**Description of the task**
Would you please repeat the data that follows, exactly as it reads?

[Records to use Boundary: Start]

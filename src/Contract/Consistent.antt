-- ===== src/Contract/Consistent.antt =====
-- contracts/stream/src/lib.rs and storage.rs: the consistency of the stored streams with the two indexes
-- and of the fee settings.
pub mod Cores
pub mod Writes
pub mod Fees
pub mod Withdraw
pub mod End
pub mod Create
pub mod Manage
pub mod Listing
pub mod Reach
use sorostream_contracts.Prelude.{
  ℕ, ◌≤◌, ◌≡◌, refl, ap, sym, ◌∙◌, subst, Bool, true, false, Option, none, some, arith, ◌==◌,
  if◌then◌else◌, update, update-update, update_self, unwrap_or, Bool-cases, inl, inr, ==→eq,
}
use sorostream_contracts.Prelude.Int.{ℤ}
use sorostream_contracts.Types.{Address, Stream, StreamError, overflow}
use sorostream_contracts.Call.{Call, modify, ◌>>=◌, ◌>>◌}
use sorostream_contracts.Call.Rules.{
  Ensures, Ensures-bind, Ensures-weaken, Ensures-modify, Ensures-or_err, Ensures-or_panic,
  Ensures-gets, Ensures-modify_last, Ensures-pure,
}
use sorostream_contracts.Call.Unchanged.{Unchanged}
use sorostream_contracts.Env.{World, Exec, Slots}
use sorostream_contracts.Storage.Streams.{save_stream, remove_stream}
use sorostream_contracts.Storage.Index.{
  index_by_sender, index_by_recipient, unindex_by_sender, unindex_by_recipient, append_id,
  remove_id,
}
use sorostream_contracts.Storage.Index.Listed.{
  IsListed, saved-IsListed, added-IsListed, dropped-IsListed,
}
use sorostream_contracts.Contract.Payment.{add_withdrawn}
use sorostream_contracts.Contract.Frames.{Core, core_of, streams_of}

abbrev pub sender_of : Stream → Address
sender_of s = s.sender

abbrev pub recipient_of : Stream → Address
recipient_of s = s.recipient

-- Every stored stream stands under its own identifier; the lists of a sender and of a recipient hold
-- exactly the identifiers of their stored streams, each once; the protocol fee and a proposed one are at
-- most 10000 basis points.
pub record IsConsistent (c : Core) : Type 0 where
  pub own_id : (id : ℕ) (s : Stream) → c.streams id ≡ some s → s.id ≡ id
  pub senders : (a : Address) → IsListed sender_of c.streams c.by_sender a
  pub recipients : (a : Address) → IsListed recipient_of c.streams c.by_recipient a
  pub fee_in : unwrap_or c.fee_bps 0 ≤ 10000
  pub pending_in : (bps unlock : ℕ) → c.pending_fee ≡ some (bps, unlock) → bps ≤ 10000

-- The core is consistent, and a stream is stored under an identifier.
abbrev pub Stores : ℕ → Stream → Core → Type 0
Stores id s c = IsConsistent c × (c.streams id ≡ some s)

-- Two versions of a stream.
abbrev pub SameParties : Stream → Stream → Type 0
SameParties s t = (t.id ≡ s.id) × (t.sender ≡ s.sender) × (t.recipient ≡ s.recipient)

module _ {C : Type 0} where
  -- What an entry point leaves.
  abbrev pub ConsistentAfter : {A : Type 0} → A → World C → Type 0
  ConsistentAfter a w = IsConsistent (core_of w)

-- A stream that a claim leaves, and the core that it left alone.
abbrev pub Claimed : {C : Type 0} → Stream → World C → Stream → World C → Type 0
Claimed s w paid w' = SameParties s paid × (core_of w' ≡ core_of w)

[Records to use Boundary: End]

**Result of the exercise**
filename src/Contract/Consistent.antt
-- ===== src/Contract/Consistent.antt =====
-- contracts/stream/src/lib.rs and storage.rs: the consistency of the stored streams with the two indexes
-- and of the fee settings.
pub mod Cores
pub mod Writes
pub mod Fees
pub mod Withdraw
pub mod End
pub mod Create
pub mod Manage
pub mod Listing
pub mod Reach
use sorostream_contracts.Prelude.{
  ℕ, ◌≤◌, ◌≡◌, refl, ap, sym, ◌∙◌, subst, Bool, true, false, Option, none, some, arith, ◌==◌,
  if◌then◌else◌, update, update-update, update_self, unwrap_or, Bool-cases, inl, inr, ==→eq,
}
use sorostream_contracts.Prelude.Int.{ℤ}
use sorostream_contracts.Types.{Address, Stream, StreamError, overflow}
use sorostream_contracts.Call.{Call, modify, ◌>>=◌, ◌>>◌}
use sorostream_contracts.Call.Rules.{
  Ensures, Ensures-bind, Ensures-weaken, Ensures-modify, Ensures-or_err, Ensures-or_panic,
  Ensures-gets, Ensures-modify_last, Ensures-pure,
}
use sorostream_contracts.Call.Unchanged.{Unchanged}
use sorostream_contracts.Env.{World, Exec, Slots}
use sorostream_contracts.Storage.Streams.{save_stream, remove_stream}
use sorostream_contracts.Storage.Index.{
  index_by_sender, index_by_recipient, unindex_by_sender, unindex_by_recipient, append_id,
  remove_id,
}
use sorostream_contracts.Storage.Index.Listed.{
  IsListed, saved-IsListed, added-IsListed, dropped-IsListed,
}
use sorostream_contracts.Contract.Payment.{add_withdrawn}
use sorostream_contracts.Contract.Frames.{Core, core_of, streams_of}

abbrev pub sender_of : Stream → Address
sender_of s = s.sender

abbrev pub recipient_of : Stream → Address
recipient_of s = s.recipient

-- Every stored stream stands under its own identifier; the lists of a sender and of a recipient hold
-- exactly the identifiers of their stored streams, each once; the protocol fee and a proposed one are at
-- most 10000 basis points.
pub record IsConsistent (c : Core) : Type 0 where
  pub own_id : (id : ℕ) (s : Stream) → c.streams id ≡ some s → s.id ≡ id
  pub senders : (a : Address) → IsListed sender_of c.streams c.by_sender a
  pub recipients : (a : Address) → IsListed recipient_of c.streams c.by_recipient a
  pub fee_in : unwrap_or c.fee_bps 0 ≤ 10000
  pub pending_in : (bps unlock : ℕ) → c.pending_fee ≡ some (bps, unlock) → bps ≤ 10000

-- The core is consistent, and a stream is stored under an identifier.
abbrev pub Stores : ℕ → Stream → Core → Type 0
Stores id s c = IsConsistent c × (c.streams id ≡ some s)

-- Two versions of a stream.
abbrev pub SameParties : Stream → Stream → Type 0
SameParties s t = (t.id ≡ s.id) × (t.sender ≡ s.sender) × (t.recipient ≡ s.recipient)

module _ {C : Type 0} where
  -- What an entry point leaves.
  abbrev pub ConsistentAfter : {A : Type 0} → A → World C → Type 0
  ConsistentAfter a w = IsConsistent (core_of w)

-- A stream that a claim leaves, and the core that it left alone.
abbrev pub Claimed : {C : Type 0} → Stream → World C → Stream → World C → Type 0
Claimed s w paid w' = SameParties s paid × (core_of w' ≡ core_of w)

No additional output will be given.